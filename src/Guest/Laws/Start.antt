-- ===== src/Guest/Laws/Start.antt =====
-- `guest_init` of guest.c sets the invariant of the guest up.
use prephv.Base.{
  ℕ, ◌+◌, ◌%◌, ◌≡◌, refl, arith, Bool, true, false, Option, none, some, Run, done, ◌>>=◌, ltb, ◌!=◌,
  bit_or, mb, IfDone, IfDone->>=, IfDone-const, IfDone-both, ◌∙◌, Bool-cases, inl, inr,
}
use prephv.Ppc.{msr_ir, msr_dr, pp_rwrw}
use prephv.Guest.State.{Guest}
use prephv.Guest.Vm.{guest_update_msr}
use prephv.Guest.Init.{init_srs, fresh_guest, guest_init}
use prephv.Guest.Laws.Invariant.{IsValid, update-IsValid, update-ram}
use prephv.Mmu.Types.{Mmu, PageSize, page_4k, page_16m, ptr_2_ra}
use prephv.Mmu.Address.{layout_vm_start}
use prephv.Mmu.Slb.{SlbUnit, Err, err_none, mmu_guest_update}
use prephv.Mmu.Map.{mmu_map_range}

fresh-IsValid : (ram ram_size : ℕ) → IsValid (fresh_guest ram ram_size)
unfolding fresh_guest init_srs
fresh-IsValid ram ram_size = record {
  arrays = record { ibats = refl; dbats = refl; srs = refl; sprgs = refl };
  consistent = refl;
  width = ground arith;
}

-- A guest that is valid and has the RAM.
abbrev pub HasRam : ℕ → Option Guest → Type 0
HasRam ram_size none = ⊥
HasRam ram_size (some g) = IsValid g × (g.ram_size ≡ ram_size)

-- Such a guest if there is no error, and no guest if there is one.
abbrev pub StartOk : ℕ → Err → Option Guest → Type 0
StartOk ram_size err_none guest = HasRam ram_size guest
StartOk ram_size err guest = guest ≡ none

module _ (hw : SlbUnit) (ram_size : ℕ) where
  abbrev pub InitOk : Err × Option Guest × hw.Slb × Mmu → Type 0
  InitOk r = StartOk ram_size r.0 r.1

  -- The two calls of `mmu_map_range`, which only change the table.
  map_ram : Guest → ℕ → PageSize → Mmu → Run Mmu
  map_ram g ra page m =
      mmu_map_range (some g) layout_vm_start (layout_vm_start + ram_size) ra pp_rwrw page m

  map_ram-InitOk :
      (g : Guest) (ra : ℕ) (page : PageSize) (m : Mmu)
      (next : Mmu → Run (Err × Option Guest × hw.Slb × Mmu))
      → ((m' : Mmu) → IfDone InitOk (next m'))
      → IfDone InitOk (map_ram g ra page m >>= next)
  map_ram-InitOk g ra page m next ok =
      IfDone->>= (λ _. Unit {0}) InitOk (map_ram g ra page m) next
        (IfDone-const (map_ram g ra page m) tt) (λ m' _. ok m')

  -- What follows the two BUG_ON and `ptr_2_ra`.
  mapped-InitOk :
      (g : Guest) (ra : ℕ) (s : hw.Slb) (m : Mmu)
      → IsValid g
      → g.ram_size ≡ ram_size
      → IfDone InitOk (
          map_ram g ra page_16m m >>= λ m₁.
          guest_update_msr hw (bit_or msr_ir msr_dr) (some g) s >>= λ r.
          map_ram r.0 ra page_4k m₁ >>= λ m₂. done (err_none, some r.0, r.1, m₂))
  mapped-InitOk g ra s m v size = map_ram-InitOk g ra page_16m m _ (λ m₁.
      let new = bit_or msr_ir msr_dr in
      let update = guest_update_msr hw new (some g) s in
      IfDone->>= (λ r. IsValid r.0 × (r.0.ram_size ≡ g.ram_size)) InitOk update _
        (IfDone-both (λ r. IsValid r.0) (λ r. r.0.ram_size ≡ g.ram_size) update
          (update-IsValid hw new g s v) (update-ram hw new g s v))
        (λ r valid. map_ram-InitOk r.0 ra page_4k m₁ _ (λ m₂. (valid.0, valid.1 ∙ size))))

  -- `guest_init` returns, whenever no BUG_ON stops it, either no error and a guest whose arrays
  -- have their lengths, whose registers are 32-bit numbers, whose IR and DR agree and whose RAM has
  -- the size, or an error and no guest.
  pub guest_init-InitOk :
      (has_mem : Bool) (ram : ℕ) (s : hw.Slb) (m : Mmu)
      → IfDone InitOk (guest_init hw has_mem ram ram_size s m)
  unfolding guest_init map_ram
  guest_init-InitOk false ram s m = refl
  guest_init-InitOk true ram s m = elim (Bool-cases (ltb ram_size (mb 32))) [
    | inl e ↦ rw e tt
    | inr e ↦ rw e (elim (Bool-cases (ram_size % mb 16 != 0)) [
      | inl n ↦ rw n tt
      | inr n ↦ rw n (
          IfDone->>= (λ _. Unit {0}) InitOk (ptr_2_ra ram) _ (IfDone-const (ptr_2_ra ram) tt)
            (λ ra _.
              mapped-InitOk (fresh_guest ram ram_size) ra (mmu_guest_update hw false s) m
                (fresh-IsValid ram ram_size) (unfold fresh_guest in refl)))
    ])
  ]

---

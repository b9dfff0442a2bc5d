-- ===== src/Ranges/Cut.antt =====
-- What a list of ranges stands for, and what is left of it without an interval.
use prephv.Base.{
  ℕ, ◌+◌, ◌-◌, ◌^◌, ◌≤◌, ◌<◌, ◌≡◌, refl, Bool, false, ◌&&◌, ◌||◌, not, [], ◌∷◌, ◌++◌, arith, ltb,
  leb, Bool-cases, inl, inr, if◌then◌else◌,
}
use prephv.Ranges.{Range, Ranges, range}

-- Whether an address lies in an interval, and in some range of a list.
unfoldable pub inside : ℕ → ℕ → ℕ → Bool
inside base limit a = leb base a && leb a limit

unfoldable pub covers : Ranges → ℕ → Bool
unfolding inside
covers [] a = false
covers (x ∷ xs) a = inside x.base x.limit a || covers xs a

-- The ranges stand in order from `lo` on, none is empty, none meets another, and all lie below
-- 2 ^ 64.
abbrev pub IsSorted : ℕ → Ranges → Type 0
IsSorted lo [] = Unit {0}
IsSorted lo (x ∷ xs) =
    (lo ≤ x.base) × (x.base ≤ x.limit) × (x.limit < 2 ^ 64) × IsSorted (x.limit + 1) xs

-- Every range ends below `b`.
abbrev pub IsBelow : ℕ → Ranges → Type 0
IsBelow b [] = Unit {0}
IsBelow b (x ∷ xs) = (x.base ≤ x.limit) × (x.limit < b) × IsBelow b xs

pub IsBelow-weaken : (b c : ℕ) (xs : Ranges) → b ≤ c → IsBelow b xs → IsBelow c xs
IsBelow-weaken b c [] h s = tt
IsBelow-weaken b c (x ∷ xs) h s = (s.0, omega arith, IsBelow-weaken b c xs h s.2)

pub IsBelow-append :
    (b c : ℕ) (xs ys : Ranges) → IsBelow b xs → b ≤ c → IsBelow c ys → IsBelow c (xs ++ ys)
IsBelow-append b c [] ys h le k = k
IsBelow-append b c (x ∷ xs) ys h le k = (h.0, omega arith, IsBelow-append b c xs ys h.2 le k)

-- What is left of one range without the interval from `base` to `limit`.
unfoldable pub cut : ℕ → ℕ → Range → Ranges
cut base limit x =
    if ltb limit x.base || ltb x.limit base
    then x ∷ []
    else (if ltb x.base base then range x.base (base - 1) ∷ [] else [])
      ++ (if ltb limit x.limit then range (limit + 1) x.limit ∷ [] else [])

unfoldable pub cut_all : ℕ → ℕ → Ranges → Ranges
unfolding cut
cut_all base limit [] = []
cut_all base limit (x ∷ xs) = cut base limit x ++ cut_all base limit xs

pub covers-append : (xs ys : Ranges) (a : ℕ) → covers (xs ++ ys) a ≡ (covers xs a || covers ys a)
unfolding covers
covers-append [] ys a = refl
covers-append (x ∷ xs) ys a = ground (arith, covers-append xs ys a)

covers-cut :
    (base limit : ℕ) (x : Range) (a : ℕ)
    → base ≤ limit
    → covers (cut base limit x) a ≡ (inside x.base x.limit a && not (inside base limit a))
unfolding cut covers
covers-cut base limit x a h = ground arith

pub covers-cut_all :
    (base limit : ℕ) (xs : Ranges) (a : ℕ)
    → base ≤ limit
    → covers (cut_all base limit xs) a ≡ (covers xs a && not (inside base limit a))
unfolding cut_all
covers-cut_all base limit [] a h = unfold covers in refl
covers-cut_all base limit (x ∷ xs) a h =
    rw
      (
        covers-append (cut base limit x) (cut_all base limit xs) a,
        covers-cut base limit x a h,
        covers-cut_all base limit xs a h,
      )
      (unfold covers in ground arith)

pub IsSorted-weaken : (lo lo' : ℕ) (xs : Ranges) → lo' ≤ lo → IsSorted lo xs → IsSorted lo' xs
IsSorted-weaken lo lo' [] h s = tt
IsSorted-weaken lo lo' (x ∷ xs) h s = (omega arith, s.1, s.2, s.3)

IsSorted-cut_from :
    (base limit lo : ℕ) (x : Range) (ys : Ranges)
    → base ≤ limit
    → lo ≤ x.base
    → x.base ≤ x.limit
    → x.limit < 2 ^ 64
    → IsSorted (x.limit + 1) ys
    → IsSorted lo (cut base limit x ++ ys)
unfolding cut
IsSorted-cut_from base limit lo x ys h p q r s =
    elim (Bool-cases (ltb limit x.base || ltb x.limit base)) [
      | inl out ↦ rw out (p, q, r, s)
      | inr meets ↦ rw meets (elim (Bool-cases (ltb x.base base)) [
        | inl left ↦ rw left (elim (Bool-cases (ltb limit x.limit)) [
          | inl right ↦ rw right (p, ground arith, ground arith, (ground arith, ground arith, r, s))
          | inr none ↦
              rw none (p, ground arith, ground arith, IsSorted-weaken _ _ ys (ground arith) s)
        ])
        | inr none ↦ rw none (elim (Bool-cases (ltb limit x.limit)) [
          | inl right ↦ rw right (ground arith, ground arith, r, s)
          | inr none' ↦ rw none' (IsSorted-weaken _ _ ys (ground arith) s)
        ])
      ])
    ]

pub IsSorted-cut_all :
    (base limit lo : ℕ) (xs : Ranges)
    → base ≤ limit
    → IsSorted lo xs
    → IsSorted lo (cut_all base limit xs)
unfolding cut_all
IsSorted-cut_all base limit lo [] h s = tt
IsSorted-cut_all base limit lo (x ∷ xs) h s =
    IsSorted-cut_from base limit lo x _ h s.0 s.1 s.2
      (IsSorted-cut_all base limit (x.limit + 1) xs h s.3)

EXERCISE GOAL
Please give back exactly the lines of the listing above that run from the one containing "StartOk ram_size err_none" through the one containing "let update = guest_update_msr", and only those.

EXERCISE SOLUTION
StartOk ram_size err_none guest = HasRam ram_size guest
StartOk ram_size err guest = guest ≡ none

module _ (hw : SlbUnit) (ram_size : ℕ) where
  abbrev pub InitOk : Err × Option Guest × hw.Slb × Mmu → Type 0
  InitOk r = StartOk ram_size r.0 r.1

  -- The two calls of `mmu_map_range`, which only change the table.
  map_ram : Guest → ℕ → PageSize → Mmu → Run Mmu
  map_ram g ra page m =
      mmu_map_range (some g) layout_vm_start (layout_vm_start + ram_size) ra pp_rwrw page m

  map_ram-InitOk :
      (g : Guest) (ra : ℕ) (page : PageSize) (m : Mmu)
      (next : Mmu → Run (Err × Option Guest × hw.Slb × Mmu))
      → ((m' : Mmu) → IfDone InitOk (next m'))
      → IfDone InitOk (map_ram g ra page m >>= next)
  map_ram-InitOk g ra page m next ok =
      IfDone->>= (λ _. Unit {0}) InitOk (map_ram g ra page m) next
        (IfDone-const (map_ram g ra page m) tt) (λ m' _. ok m')

  -- What follows the two BUG_ON and `ptr_2_ra`.
  mapped-InitOk :
      (g : Guest) (ra : ℕ) (s : hw.Slb) (m : Mmu)
      → IsValid g
      → g.ram_size ≡ ram_size
      → IfDone InitOk (
          map_ram g ra page_16m m >>= λ m₁.
          guest_update_msr hw (bit_or msr_ir msr_dr) (some g) s >>= λ r.
          map_ram r.0 ra page_4k m₁ >>= λ m₂. done (err_none, some r.0, r.1, m₂))
  mapped-InitOk g ra s m v size = map_ram-InitOk g ra page_16m m _ (λ m₁.
      let new = bit_or msr_ir msr_dr in
      let update = guest_update_msr hw new (some g) s in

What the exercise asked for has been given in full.